── Records shown ──

-- ===== src/Arena.antt =====
-- src/arena.c: the memory of an arena. New memory comes in chunks that are files mapped to memory,
-- and is handed out from the front; what is left of a chunk is kept as an extent. What the code logs
-- (Arena/Logged, Large), and the decay that its ticker starts (Arena/Decay, Arena/Purge), are steps of their
-- own.
pub mod Decay
pub mod Memory
pub mod Backlog
pub mod Limit
pub mod Purge
pub mod Start
pub mod Logged
use nvalloc.Prelude.{
  ℕ, ◌+◌, ◌-◌, ◌*◌, ◌/◌, ◌%◌, Bool, true, false, not, ◌&&◌, Option, none, some, if◌then◌else◌, ltb,
  ◌==◌, ◌>>=◌, ◌>>◌, assert, update,
}
use nvalloc.Machine.{page_size, chunk_size, u64_mod}
use nvalloc.SizeClass.Table.{get_psizeclass, npages_by_idx}
use nvalloc.Log.{null}
use nvalloc.Containers.{ExtentHeap, ExtentList, ExtentTree}
use nvalloc.Extents.{ExtentState, Extents, Store, extent_deactivate_locked}
use nvalloc.Space.{Space, extent_init, extent_register}
use nvalloc.Recycle.{World, extent_recycle, extent_alloc_with_old_addr}

module _ (heap : ExtentHeap) (list : ExtentList) (tree : ExtentTree) where
  -- the fields of `arena_s` that memory is taken from, with its address and the memory of extents
  pub record Arena : Type 0 where
    pub self : ℕ
    pub memory_new : ℕ
    pub npage_new : ℕ
    pub extents_dirty : Extents heap list
    pub extents_muzzy : Extents heap list
    pub space : Space tree

  abbrev pub no_new_memory : Arena → Arena
  no_new_memory arena = record arena { memory_new = null; npage_new = 0 }

  -- What is left of a chunk becomes an extent if it has the pages of a class; otherwise it is given
  -- up. `memory` is what `extent_alloc` returns.
  unfoldable pub arena_evict_new_memory_locked : Arena → Option ℕ → Option Arena
  arena_evict_new_memory_locked arena memory = do
    assert (not (arena.memory_new == null))
    let keep : Option Arena = (do
      szind ← get_psizeclass arena.npage_new
      let evict : Option Arena = (do
        (made, s) ←
            extent_alloc_with_old_addr heap list tree arena.space memory arena.self arena.memory_new
              arena.npage_new false szind
        extent ← made
        (store, dirty) ←
            extent_deactivate_locked heap list s.store arena.extents_dirty extent arena.self
        some (
            no_new_memory
              (record arena { extents_dirty = dirty; space = record s { store = store } })))
      if npages_by_idx szind == arena.npage_new then evict else some (no_new_memory arena))
    if arena.npage_new == 0 then some (no_new_memory arena) else keep

  -- `mapped` is the chunk that `arena_file_map_locked` returns
  unfoldable pub arena_get_new_memory_locked : Arena → ℕ → Option (Bool × Arena)
  arena_get_new_memory_locked arena mapped = do
    assert (arena.memory_new == null && arena.npage_new == 0)
    let got = record arena { memory_new = mapped; npage_new = chunk_size / page_size }
    some (if mapped == null then (true, arena) else (false, got))

  unfoldable pub arena_activate_new_memory : Arena → Option ℕ → ℕ → ℕ → Option (ℕ × Arena)
  arena_activate_new_memory arena memory mapped npages = do
    assert (not (npages == 0))
    let renew : Option (Bool × Arena) = (do
      a ← arena_evict_new_memory_locked arena memory
      arena_get_new_memory_locked a mapped)
    (failed, a) ← (if ltb arena.npage_new npages then renew else some (false, arena))
    let take : Option (ℕ × Arena) = (do
      assert (not (a.memory_new == null))
      some (
        a.memory_new,
        record a {
          memory_new = a.memory_new + npages * page_size;
          npage_new = (a.npage_new + u64_mod - npages) % u64_mod;
        },
      ))
    if failed then some (null, a) else take

  -- `memory` and `memory_left` are what `extent_alloc` returns for the extent and for what is left
  unfoldable pub extent_alloc_wrapper :
      Arena → Option ℕ → Option ℕ → ℕ → ℕ → ℕ → Bool → ℕ → Option (Option ℕ × Arena)
  extent_alloc_wrapper arena none memory_left mapped vslab npages slab szind = some (none, arena)
  extent_alloc_wrapper arena (some extent) memory_left mapped vslab npages slab szind = do
    (addr, a) ← arena_activate_new_memory arena memory_left mapped npages
    let made =
        extent_init (a.space.store extent) a.self addr (npages * page_size) slab szind
          ExtentState.active
    let registered : Option (Option ℕ × Arena) = (do
      (failed, s) ←
          extent_register tree (record a.space { store = update a.space.store extent made }) extent
            vslab
      some (if failed then none else some extent, record a { space = s }))
    if addr == null then some (none, a) else registered

  -- the dirty extents first, then the muzzy ones, then new memory
  unfoldable pub arena_extent_alloc_large :
      Arena → Option ℕ → Option ℕ → ℕ → ℕ → Option (Option ℕ × Arena)
  arena_extent_alloc_large arena memory memory_left mapped npages = do
    szind ← get_psizeclass npages
    assert (npages == npages_by_idx szind)
    (dirty, w) ←
        extent_recycle heap list tree
          (record { space = arena.space; extents = arena.extents_dirty }) memory arena.self null
          npages false szind
    let a = record arena { space = w.space; extents_dirty = w.extents }
    let from_muzzy : Option (Option ℕ × Arena) = (do
      (muzzy, w') ←
          extent_recycle heap list tree (record { space = a.space; extents = a.extents_muzzy })
            memory a.self null npages false szind
      let a' = record a { space = w'.space; extents_muzzy = w'.extents }
      elim muzzy [
        | some e ↦ some (some e, a')
        | none ↦ extent_alloc_wrapper a' memory memory_left mapped null npages false szind
      ])
    elim dirty [ some e ↦ some (some e, a) | none ↦ from_muzzy ]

───

**Work instruction**
Look above for the line containing "pub mod Start" and the line containing "no_new_memory arena = record". Transcribe both, with the lines between them, exactly.

**Output of the exercise**
pub mod Start
pub mod Logged
use nvalloc.Prelude.{
  ℕ, ◌+◌, ◌-◌, ◌*◌, ◌/◌, ◌%◌, Bool, true, false, not, ◌&&◌, Option, none, some, if◌then◌else◌, ltb,
  ◌==◌, ◌>>=◌, ◌>>◌, assert, update,
}
use nvalloc.Machine.{page_size, chunk_size, u64_mod}
use nvalloc.SizeClass.Table.{get_psizeclass, npages_by_idx}
use nvalloc.Log.{null}
use nvalloc.Containers.{ExtentHeap, ExtentList, ExtentTree}
use nvalloc.Extents.{ExtentState, Extents, Store, extent_deactivate_locked}
use nvalloc.Space.{Space, extent_init, extent_register}
use nvalloc.Recycle.{World, extent_recycle, extent_alloc_with_old_addr}

module _ (heap : ExtentHeap) (list : ExtentList) (tree : ExtentTree) where
  -- the fields of `arena_s` that memory is taken from, with its address and the memory of extents
  pub record Arena : Type 0 where
    pub self : ℕ
    pub memory_new : ℕ
    pub npage_new : ℕ
    pub extents_dirty : Extents heap list
    pub extents_muzzy : Extents heap list
    pub space : Space tree

  abbrev pub no_new_memory : Arena → Arena
  no_new_memory arena = record arena { memory_new = null; npage_new = 0 }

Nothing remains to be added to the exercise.